Not all diagnosis carry with them the good news, and after researching what pulmonary hypertension was, the doctor might as well have told me the world was ending. That’s what it felt like anyways because the research led me to places where the outlook was not positive in any way, shape or form!
What is pulmonary hypertension?
Basically, after I researched and had a few helpers doing so, it broke down to this; the right side of my heart is not working as it should so it has to work harder to pump blood to my lungs. Over time, this will weaken my heart and can be potentially fatal. The diagnosis was a massive blow to my self-esteem, my confidence and my trust in my body. My husband was just as shocked, and we both fell into depression trying to figure out what we would do next.
The next step, figuring out why
Now that I had this new diagnosis, my next step after getting past the shock was figuring out why.
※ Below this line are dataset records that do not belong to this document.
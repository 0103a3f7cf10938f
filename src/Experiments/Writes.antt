-- ===== src/Experiments/Writes.antt =====
-- What the loops of the services have written: `insert_assignments`, `insert_exposure` and the exposures of a group.
use retail_segmentation.Prelude.{
  ℕ, All, ◌∙◌, ◌≡◌, refl, not, List, [], ◌∷◌, ◌++◌, any, ok, ◌>>◌, ok_injective, raise_if, sym, ap,
  Bool-cases, inl, inr,
}
use mathlib.Core.List.{append_assoc, append-nil}
use retail_segmentation.Experiments.Assignment.{
  is_assigned, is_group, with_assignment, insert_assignments,
}
use retail_segmentation.Experiments.Exposure.{counted, is_recent, expose_all, insert_exposure}
use retail_segmentation.Experiments.Lab.{customer_already_assigned, unknown_group, Assigned, Lab}
use retail_segmentation.Experiments.Chains.{after_check}

pub pair_path : {A B : Type 0} {a c : A} {b d : B} → a ≡ c → b ≡ d → ◌≡◌ {A = A × B} (a, b) (c, d)
pair_path p q = cc

-- The rows that an assignment adds.
pub insert_assignments_ok :
    (i : ℕ) (rows : List (ℕ × ℕ)) (lab after : Lab)
    → insert_assignments i rows lab ≡ ok after
    → (new : List Assigned) × All (λ (a : Assigned). a.experiment_id ≡ i) new
      × (after ≡ record lab {
        next_assignment_id = after.next_assignment_id;
        assignments = lab.assignments ++ new;
      })
unfolding insert_assignments
insert_assignments_ok i [] lab after h =
    let e = sym (ok_injective h) in
    (
      [],
      tt,
      e
          ∙ ap
              (λ (q : ℕ × List Assigned). record lab {
                next_assignment_id = q.0;
                assignments = q.1;
              })
              (pair_path (ap (λ (l : Lab). l.next_assignment_id) (sym e))
                (sym (append-nil lab.assignments))),
    )
insert_assignments_ok i ((group, customer) ∷ rows) lab after h =
    let (allowed, h2) =
      after_check
        (raise_if (any (is_assigned i customer) lab.assignments) customer_already_assigned
          >> raise_if (not (any (is_group i group) lab.groups)) unknown_group)
        (λ u. insert_assignments i rows (with_assignment lab i group customer)) after h in
    let (new, all, e) =
      insert_assignments_ok i rows (with_assignment lab i group customer) after h2 in
    (
      record {
        assignment_id = lab.next_assignment_id;
        experiment_id = i;
        group_id = group;
        customer_id = customer;
        assigned_at = lab.now;
      }
          ∷ new,
      (refl, all),
      e
          ∙ ap (λ l. record lab { next_assignment_id = after.next_assignment_id; assignments = l })
              (append_assoc lab.assignments _ new),
    )

-- Exposures write nowhere else.
pub insert_exposure_frame :
    (lab : Lab) (assignment : ℕ)
    → (insert_exposure lab assignment).1
      ≡ record lab { exposures = (insert_exposure lab assignment).1.exposures }
unfolding insert_exposure
insert_exposure_frame lab assignment =
    elim (Bool-cases (any (is_recent lab assignment) lab.exposures)) [
      | inl recent ↦ rw recent refl
      | inr fresh ↦ rw fresh refl
    ]

pub expose_all_frame :
    (lab : Lab) (ids : List ℕ) (n : ℕ)
    → (expose_all lab ids n).1 ≡ record lab { exposures = (expose_all lab ids n).1.exposures }
unfolding expose_all
expose_all_frame lab [] n = refl
expose_all_frame lab (a ∷ ids) n =
    let ih = expose_all_frame (insert_exposure lab a).1 ids (counted (insert_exposure lab a).0 n) in
    let e = insert_exposure_frame lab a in
    ih
    ∙ ap
        (λ (l : Lab). record l {
          exposures =
              (expose_all (insert_exposure lab a).1 ids
                (counted (insert_exposure lab a).0 n)).1.exposures;
        })
        e
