-- ===== src/Experiments/Steps.antt =====
-- The life of the tables: any order of the services' operations, each of them one unit of work that returned. A campaign
-- is edited and moved after a read (`seen`) that may be out of date by the time of the write.
use retail_segmentation.Prelude.{ℕ, ◌≡◌, Bool, Option, List, ok}
use retail_segmentation.Experiments.Lab.{Lab, Status}
use retail_segmentation.Experiments.Campaigns.{
  Action, CampaignInput, create_campaign, update_draft, transition,
}
use retail_segmentation.Experiments.Setup.{ExperimentInput, create_experiment, update_experiment}
use retail_segmentation.Experiments.Assignment.{AssignmentPlan, assign}
use retail_segmentation.Experiments.Exposure.{record_exposure, record_group_exposures}

-- `passed` is what others write: the clock, the day, the labels and the customers' history.
pub data Step (shuffle : ℕ → List ℕ → List ℕ) : Lab → Lab → Type 0 where
  created :
      {lab after : Lab} (input : CampaignInput) (i : ℕ)
      → create_campaign lab input ≡ ok (i, after)
      → Step shuffle lab after
  redrafted :
      {lab after : Lab} (seen : Lab) (i : ℕ) (input : CampaignInput)
      → update_draft seen lab i input ≡ ok after
      → Step shuffle lab after
  moved :
      {lab after : Lab} (seen : Lab) (i : ℕ) (action : Action) (s : Status)
      → transition seen lab i action ≡ ok (s, after)
      → Step shuffle lab after
  set_up :
      {lab after : Lab} (input : ExperimentInput) (i : ℕ)
      → create_experiment lab input ≡ ok (i, after)
      → Step shuffle lab after
  changed :
      {lab after : Lab} (i : ℕ) (input : ExperimentInput)
      → update_experiment lab i input ≡ ok after
      → Step shuffle lab after
  dealt :
      {lab after : Lab} (i : ℕ) (plan : AssignmentPlan)
      → assign shuffle lab i ≡ ok (plan, after)
      → Step shuffle lab after
  exposed :
      {lab after : Lab} (i customer : ℕ) (today : Option ℕ) (written : Bool)
      → record_exposure lab i customer today ≡ ok (written, after)
      → Step shuffle lab after
  group_exposed :
      {lab after : Lab} (i group : ℕ) (raw : Option (List (Option ℕ))) (today : Option ℕ) (n : ℕ)
      → record_group_exposures lab i group raw today ≡ ok (n, after)
      → Step shuffle lab after
  passed :
      {lab after : Lab} (now today : ℕ) (labels : List ℕ) (open_labels : List (ℕ × Option ℕ))
      → after ≡ record lab { now = now; today = today; labels = labels; open_labels = open_labels }
      → Step shuffle lab after

pub data Reach (shuffle : ℕ → List ℕ → List ℕ) (lab : Lab) : Lab → Type 0 where
  here : Reach shuffle lab lab
  next :
      {mid after : Lab} → Reach shuffle lab mid → Step shuffle mid after → Reach shuffle lab after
I immediately made an appointment with a specialist known as a cardiologist, who specializes in heart diseases, at the recommendation of the emergency room doctor who had diagnosed me.
I was so incredibly nervous at that first appointment, I was only 35 years old and had been very healthy and active most of my life. I had gone to the ER because I thought at the time my asthma had gone into overdrive and I couldn’t get a grip on it. I had been having breathing problems for a while, but my inhalers had always helped. That night they didn’t, and after a bunch of tests, I received my diagnosis.
The cardiologist was so nice and explained everything so that we could understand easily. My husband was with me and very supportive. They concluded after reviewing all of my history, family and medical, that because I lived in high altitude and did have mild asthma, it had created a thickening of my pulmonary artery and now I have pulmonary hypertension. He assured me it was manageable, and I would be able to continue to do those things I had always done.
He prescribed me several medications and told me to come back in two weeks. I had never taken medication regularly in my entire life, and starting now was enough to create another bout of depression.
There are others out there like me
My husband did some of his own research to try and help me out of my funk. He found out the hospital did a monthly support meeting for those who have pulmonary hypertension like me. I was skeptical, but at the encouragement of my husband, we both went to our first meeting.
There were people of all ages there, some newly diagnosed like myself, and others who had been dealing with it for years. I was grateful to my husband and for the support group because it gave me a place to talk about my struggles as well as gain insightful tips for living life after being diagnosed.